「臣女多謝王爺好意。」沐清溪謝得不情不願。
趙璟也看出來了,憋了半天道了一句:「是本王思慮不周。」
沐清溪瞪大了眼睛看他,這算是道歉?
趙璟被她看得不自在,匆忙轉開話題,「嚴章那裡你不必擔心,本王自有處置。」
「你還想做什麼?」沐清溪好奇又有點擔心,雖然有個人幫她出氣感覺不錯,但是出氣還把她自己坑進去實在是有點傻。她有必要先弄清楚,提前想好應對之策。
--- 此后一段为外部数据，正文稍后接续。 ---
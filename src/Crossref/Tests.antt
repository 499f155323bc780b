-- ===== src/Crossref/Tests.antt =====
-- Lookups in small files; a value is its text.
use mozsearch.Prelude.{
  ℕ, zero, suc, ◌<◌, ◌≡◌, refl, true, Option, none, some, List, [], ◌∷◌, length, replicate, codes,
  arith,
}
use mozsearch.Crossref.{bisect_for_payload}
use mozsearch.Crossref.Entries.{Entry, IsEntry, NoNewline, file}
use mozsearch.Crossref.Bisect.{bisect_for_payload-payload_of}
use mozsearch.Crossref.Payload.{
  usize_mod, value, data_error, lookup_payload, lookup_crossref, hex_digits, from_hex,
}
use mozsearch.Crossref.Writer.{no_files, write_inline_and_ext, write_all}
use mozsearch.Crossref.Written.{is_external}
use mozsearch.Crossref.Merge.{merge_chunks, merge_extra, write_chunks}
use mozsearch.Crossref.Adjusted.{all_of}
use mozsearch.Crossref.Merged.{merge_chunks-write_all}
use mozsearch.Crossref.RoundTrip.{IsItem, texts, chunk_texts, lookup_crossref-merge_chunks}

abbrev entry : List ℕ → List ℕ → Entry
entry symbol payload = record { symbol = symbol; payload = payload }

abbrev entries : List Entry
entries = entry (codes "F") (codes ":{}") ∷ entry (codes "T_b") (codes "@0 1") ∷ []

first-IsEntry : IsEntry (entry (codes "F") (codes ":{}"))
first-IsEntry = record {
  first = b':';
  rest = codes "{}";
  payload_eq = refl;
  not_id = refl;
  one_line = (refl, tt);
  payload_line = (refl, (refl, (refl, tt)));
}

second-IsEntry : IsEntry (entry (codes "T_b") (codes "@0 1"))
second-IsEntry = record {
  first = b'@';
  rest = codes "0 1";
  payload_eq = refl;
  not_id = refl;
  one_line = (refl, (refl, (refl, tt)));
  payload_line = (refl, (refl, (refl, (refl, tt))));
}

bisect_for_payload-payload_of_example :
    bisect_for_payload (file entries) (codes "T_b") ≡ some (codes "@0 1")
bisect_for_payload-payload_of_example =
    bisect_for_payload-payload_of entries (codes "T_b") (first-IsEntry, (second-IsEntry, tt))
      ((refl, tt), (tt, tt))

abbrev as_text : List ℕ → List ℕ
as_text v = v

abbrev parse : List ℕ → Option (List ℕ)
parse text = some text

object-IsItem : IsItem as_text parse (codes "F", codes "{}")
object-IsItem = record {
  one_line = (refl, tt);
  json_line = (refl, (refl, tt));
  two_bytes = omega arith;
  parsed = refl;
}

-- A value that is stored externally.
abbrev digits_value : List ℕ
digits_value = replicate 3100 b'1'

replicate-NoNewline : (n : ℕ) → NoNewline (replicate n b'1')
replicate-NoNewline zero = tt
replicate-NoNewline (suc n) = (refl, replicate-NoNewline n)

stored_externally : is_external digits_value ≡ true
stored_externally = refl

digits-IsItem : IsItem as_text parse (codes "T", digits_value)
digits-IsItem = record {
  one_line = (refl, tt);
  json_line = replicate-NoNewline 3100;
  two_bytes = omega arith;
  parsed = refl;
}

abbrev chunks : List (List (List ℕ × List ℕ))
chunks = ((codes "F", codes "{}") ∷ []) ∷ ((codes "T", digits_value) ∷ []) ∷ []

small_extra :
    length (write_all true (texts as_text parse (all_of chunks)) no_files).ext_out < usize_mod
unfolding write_all write_inline_and_ext
small_extra = omega arith

lookup_crossref-merge_chunks_example :
    (out : List ℕ) × (merge_chunks (write_chunks (chunk_texts as_text parse chunks)) ≡ some out)
    × (lookup_crossref parse out
          (merge_extra (write_chunks (chunk_texts as_text parse chunks)))
          (codes "T")
        ≡ some (value digits_value))
lookup_crossref-merge_chunks_example =
    lookup_crossref-merge_chunks as_text parse chunks (codes "T")
      ((object-IsItem, tt), ((digits-IsItem, tt), tt)) ((refl, tt), (tt, tt)) small_extra

merge_chunks-write_all_example :
    (merge_chunks (write_chunks (chunk_texts as_text parse chunks))
      ≡ some (write_all true (texts as_text parse (all_of chunks)) no_files).out)
    × (merge_extra (write_chunks (chunk_texts as_text parse chunks))
        ≡ (write_all true (texts as_text parse (all_of chunks)) no_files).ext_out)
merge_chunks-write_all_example =
    merge_chunks-write_all (chunk_texts as_text parse chunks)
      ((((refl, tt), (refl, (refl, tt))), tt), ((((refl, tt), replicate-NoNewline 3100), tt), tt))
      small_extra

-- The place in the second file of a later chunk is bad data until it is adjusted.
not_adjusted : lookup_payload parse (codes "!T\n:[1]\n") (codes "@!4 4") ≡ some data_error
unfolding lookup_payload from_hex hex_digits
not_adjusted = refl

-- Data of one byte are an error.
one_byte : lookup_payload parse [] (codes ":5") ≡ some data_error
unfolding lookup_payload
one_byte = refl

-- An offset with nothing behind it is a panic, not an error.
no_length : lookup_payload parse (codes "{}") (codes "@0a") ≡ none
unfolding lookup_payload from_hex hex_digits
no_length = refl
趙璟閱人無數哪會看不出她的心思,語氣裡帶著點無奈,「放心。」上次是他武斷了,沒想到後宅女子的名聲如此重要,吃了一次教訓,絕不會犯第二次錯誤。
他不肯說,沐清溪卻有點猜到,「你是不是想把嚴章……那個……的事宣揚出去?」寶嚴寺里她被輕薄的事肯定不能用,否則第一個被牽連的就是她,除此之外,能把嚴章打入谷底的也就只有他那說不出口的癖好了。
景王既然插手了這件事,肯定會把嚴章查個清清楚楚,不可能不知道。
這次換趙璟驚訝了,他沒想到沐清溪竟然知道。如此隱秘的事,又事關男人的尊嚴,嚴家必然捂得嚴嚴實實,沐清溪一個後宅女子從何得知?一想到沐清溪對個男子如此「在意」,趙璟忽然間覺得心底有點不舒服。
沐清溪問完就後悔了,她剛剛才想起來自己問的是關於男子那個的,這本不該是一個閨閣女子能知道的事,臉一下紅得似滴血,生怕趙璟追問消息來源,那她可就編不出理由了。
趙璟看著小姑娘熟透的蘋果般紅潤的臉頰,鬼使神差地忍不住伸出手捏了上去。指尖一熱才反應過來自己做了什麼。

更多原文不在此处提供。